## WHAT THE TASK ASKS
Answer with the exact lines of the following material from the one containing "abbrev pub compacted" through the one containing "abbrev pub delete_all", both end lines included.

^^^^^^^^

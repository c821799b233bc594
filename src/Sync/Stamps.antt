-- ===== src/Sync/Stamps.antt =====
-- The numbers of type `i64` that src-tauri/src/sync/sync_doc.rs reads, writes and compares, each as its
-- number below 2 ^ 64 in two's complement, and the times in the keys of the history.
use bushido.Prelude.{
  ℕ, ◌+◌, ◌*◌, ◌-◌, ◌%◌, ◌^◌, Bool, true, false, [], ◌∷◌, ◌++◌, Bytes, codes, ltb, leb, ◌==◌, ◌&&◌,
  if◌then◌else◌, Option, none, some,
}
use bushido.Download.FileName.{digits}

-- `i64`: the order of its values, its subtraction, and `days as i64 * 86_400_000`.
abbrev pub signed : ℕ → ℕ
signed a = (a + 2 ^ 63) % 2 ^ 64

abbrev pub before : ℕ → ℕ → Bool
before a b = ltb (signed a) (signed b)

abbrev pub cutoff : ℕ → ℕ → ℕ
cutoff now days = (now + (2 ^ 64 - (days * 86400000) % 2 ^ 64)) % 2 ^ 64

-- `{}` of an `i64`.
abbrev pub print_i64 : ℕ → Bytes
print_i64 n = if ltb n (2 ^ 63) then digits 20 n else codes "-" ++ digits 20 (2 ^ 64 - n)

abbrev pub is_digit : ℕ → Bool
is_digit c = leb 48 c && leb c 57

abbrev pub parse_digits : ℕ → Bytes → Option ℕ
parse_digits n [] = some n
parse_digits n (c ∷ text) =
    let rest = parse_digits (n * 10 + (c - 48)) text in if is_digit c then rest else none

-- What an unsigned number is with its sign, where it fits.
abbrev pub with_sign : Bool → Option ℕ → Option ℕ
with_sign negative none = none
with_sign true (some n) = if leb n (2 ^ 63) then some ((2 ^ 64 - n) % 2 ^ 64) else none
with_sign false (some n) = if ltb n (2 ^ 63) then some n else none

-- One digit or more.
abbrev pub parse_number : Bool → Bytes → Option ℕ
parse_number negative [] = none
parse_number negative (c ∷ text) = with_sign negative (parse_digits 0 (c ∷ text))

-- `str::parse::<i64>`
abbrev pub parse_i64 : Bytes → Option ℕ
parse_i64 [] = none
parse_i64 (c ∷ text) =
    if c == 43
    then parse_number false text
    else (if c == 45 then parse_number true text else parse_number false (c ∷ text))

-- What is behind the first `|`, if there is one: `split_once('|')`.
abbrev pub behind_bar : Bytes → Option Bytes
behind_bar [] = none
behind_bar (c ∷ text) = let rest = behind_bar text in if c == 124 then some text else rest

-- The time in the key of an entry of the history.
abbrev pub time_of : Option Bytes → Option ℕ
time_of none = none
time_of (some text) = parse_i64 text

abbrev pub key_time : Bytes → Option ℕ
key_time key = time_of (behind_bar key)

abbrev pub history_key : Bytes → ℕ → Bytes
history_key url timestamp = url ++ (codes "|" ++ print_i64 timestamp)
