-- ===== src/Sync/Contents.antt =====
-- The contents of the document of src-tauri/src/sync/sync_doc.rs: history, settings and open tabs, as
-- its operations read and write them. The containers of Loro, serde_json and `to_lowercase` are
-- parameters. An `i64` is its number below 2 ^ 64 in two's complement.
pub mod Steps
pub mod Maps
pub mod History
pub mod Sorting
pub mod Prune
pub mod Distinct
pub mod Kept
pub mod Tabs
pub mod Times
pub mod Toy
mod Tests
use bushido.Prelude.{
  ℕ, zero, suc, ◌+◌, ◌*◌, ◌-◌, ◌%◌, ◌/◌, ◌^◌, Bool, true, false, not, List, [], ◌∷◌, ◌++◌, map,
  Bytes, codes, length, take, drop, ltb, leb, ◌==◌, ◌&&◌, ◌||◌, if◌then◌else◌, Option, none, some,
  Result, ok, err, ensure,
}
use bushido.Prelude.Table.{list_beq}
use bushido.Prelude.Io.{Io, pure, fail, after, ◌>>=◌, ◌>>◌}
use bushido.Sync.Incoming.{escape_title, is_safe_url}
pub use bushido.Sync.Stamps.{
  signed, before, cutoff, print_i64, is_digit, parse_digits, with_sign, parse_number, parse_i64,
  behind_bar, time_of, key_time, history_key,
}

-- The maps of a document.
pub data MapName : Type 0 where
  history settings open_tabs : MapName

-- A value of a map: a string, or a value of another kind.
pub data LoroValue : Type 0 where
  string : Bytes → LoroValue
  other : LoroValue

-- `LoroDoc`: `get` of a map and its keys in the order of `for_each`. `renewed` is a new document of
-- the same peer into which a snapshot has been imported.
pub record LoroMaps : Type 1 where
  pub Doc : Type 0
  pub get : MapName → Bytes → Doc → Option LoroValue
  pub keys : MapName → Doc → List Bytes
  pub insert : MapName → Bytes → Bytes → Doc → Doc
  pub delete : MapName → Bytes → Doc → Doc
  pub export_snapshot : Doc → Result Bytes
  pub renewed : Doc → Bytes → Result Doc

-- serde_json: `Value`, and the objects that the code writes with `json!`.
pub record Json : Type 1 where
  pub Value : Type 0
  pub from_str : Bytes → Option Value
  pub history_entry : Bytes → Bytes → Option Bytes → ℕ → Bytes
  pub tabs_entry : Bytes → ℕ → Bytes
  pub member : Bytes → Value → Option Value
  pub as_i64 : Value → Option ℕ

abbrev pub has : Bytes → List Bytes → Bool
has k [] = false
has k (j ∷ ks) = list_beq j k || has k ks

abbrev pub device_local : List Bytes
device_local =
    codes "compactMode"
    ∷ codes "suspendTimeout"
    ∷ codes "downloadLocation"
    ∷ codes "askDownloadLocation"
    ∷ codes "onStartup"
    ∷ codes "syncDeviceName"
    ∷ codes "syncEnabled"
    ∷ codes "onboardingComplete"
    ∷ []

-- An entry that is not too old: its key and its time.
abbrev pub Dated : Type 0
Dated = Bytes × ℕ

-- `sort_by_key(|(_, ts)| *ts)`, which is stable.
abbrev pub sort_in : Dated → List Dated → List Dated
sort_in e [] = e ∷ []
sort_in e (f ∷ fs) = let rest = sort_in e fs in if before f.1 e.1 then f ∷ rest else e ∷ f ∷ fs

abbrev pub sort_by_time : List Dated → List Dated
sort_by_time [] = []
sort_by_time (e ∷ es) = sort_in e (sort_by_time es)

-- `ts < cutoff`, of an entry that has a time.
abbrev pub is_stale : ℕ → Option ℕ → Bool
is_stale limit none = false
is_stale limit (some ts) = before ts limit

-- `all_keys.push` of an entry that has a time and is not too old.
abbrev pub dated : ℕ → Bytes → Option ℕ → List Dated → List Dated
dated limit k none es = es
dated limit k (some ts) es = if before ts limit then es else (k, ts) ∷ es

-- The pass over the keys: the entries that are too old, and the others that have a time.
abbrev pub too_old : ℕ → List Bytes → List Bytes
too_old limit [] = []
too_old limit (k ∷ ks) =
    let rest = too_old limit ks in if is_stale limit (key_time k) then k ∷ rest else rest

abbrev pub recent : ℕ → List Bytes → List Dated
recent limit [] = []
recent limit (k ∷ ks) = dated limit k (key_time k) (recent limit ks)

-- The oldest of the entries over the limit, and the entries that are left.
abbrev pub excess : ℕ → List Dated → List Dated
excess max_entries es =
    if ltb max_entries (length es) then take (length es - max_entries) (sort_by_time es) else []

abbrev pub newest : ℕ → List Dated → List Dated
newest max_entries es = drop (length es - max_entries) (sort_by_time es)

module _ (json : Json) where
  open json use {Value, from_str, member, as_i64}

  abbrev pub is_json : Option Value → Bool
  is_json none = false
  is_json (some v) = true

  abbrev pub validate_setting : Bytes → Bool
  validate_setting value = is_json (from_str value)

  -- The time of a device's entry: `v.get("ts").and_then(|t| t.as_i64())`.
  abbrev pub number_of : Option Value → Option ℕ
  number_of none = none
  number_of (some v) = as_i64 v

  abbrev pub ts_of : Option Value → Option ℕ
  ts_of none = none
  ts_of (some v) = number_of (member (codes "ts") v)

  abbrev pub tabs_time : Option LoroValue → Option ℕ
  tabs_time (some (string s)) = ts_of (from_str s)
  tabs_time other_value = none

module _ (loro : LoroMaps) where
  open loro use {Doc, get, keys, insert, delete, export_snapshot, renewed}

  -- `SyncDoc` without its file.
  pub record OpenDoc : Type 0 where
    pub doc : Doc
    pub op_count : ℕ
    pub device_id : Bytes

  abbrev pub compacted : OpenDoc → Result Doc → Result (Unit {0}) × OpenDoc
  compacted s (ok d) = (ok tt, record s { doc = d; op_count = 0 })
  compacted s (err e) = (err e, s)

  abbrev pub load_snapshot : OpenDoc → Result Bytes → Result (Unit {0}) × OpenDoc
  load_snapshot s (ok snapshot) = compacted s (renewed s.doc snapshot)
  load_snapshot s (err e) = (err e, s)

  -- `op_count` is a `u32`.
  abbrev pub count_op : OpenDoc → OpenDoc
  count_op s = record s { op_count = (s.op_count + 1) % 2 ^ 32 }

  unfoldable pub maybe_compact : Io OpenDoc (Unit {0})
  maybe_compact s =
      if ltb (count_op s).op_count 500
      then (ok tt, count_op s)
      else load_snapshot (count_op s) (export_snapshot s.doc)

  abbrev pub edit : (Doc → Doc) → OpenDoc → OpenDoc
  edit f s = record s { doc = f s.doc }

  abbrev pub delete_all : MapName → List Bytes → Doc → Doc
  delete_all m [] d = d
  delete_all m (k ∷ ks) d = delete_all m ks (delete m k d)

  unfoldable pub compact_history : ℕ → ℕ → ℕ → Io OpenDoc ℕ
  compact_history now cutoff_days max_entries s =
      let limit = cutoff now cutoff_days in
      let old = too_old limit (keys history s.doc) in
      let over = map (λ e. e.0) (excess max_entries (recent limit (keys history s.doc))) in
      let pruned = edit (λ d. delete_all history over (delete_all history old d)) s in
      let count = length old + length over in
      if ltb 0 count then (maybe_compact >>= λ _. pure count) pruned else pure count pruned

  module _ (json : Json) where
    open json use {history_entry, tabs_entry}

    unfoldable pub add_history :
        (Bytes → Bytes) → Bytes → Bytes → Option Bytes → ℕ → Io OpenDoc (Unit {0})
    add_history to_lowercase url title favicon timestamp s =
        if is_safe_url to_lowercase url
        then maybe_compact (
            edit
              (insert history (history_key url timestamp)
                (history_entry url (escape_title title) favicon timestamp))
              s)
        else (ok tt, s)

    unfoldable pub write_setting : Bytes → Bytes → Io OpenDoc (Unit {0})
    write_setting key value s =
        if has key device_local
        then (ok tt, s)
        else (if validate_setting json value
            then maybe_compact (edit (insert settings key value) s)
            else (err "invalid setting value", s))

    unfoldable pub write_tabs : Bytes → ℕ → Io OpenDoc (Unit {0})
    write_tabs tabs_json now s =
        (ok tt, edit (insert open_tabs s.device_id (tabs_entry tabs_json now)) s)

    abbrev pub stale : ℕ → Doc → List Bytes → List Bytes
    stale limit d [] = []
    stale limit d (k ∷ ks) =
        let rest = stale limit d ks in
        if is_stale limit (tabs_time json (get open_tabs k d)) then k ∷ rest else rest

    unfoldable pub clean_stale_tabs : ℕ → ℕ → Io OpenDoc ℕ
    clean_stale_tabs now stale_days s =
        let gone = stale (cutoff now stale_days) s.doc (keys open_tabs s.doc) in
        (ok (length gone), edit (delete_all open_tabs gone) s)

^^^^^^^^

## RESPONSE
  abbrev pub compacted : OpenDoc → Result Doc → Result (Unit {0}) × OpenDoc
  compacted s (ok d) = (ok tt, record s { doc = d; op_count = 0 })
  compacted s (err e) = (err e, s)

  abbrev pub load_snapshot : OpenDoc → Result Bytes → Result (Unit {0}) × OpenDoc
  load_snapshot s (ok snapshot) = compacted s (renewed s.doc snapshot)
  load_snapshot s (err e) = (err e, s)

  -- `op_count` is a `u32`.
  abbrev pub count_op : OpenDoc → OpenDoc
  count_op s = record s { op_count = (s.op_count + 1) % 2 ^ 32 }

  unfoldable pub maybe_compact : Io OpenDoc (Unit {0})
  maybe_compact s =
      if ltb (count_op s).op_count 500
      then (ok tt, count_op s)
      else load_snapshot (count_op s) (export_snapshot s.doc)

  abbrev pub edit : (Doc → Doc) → OpenDoc → OpenDoc
  edit f s = record s { doc = f s.doc }

  abbrev pub delete_all : MapName → List Bytes → Doc → Doc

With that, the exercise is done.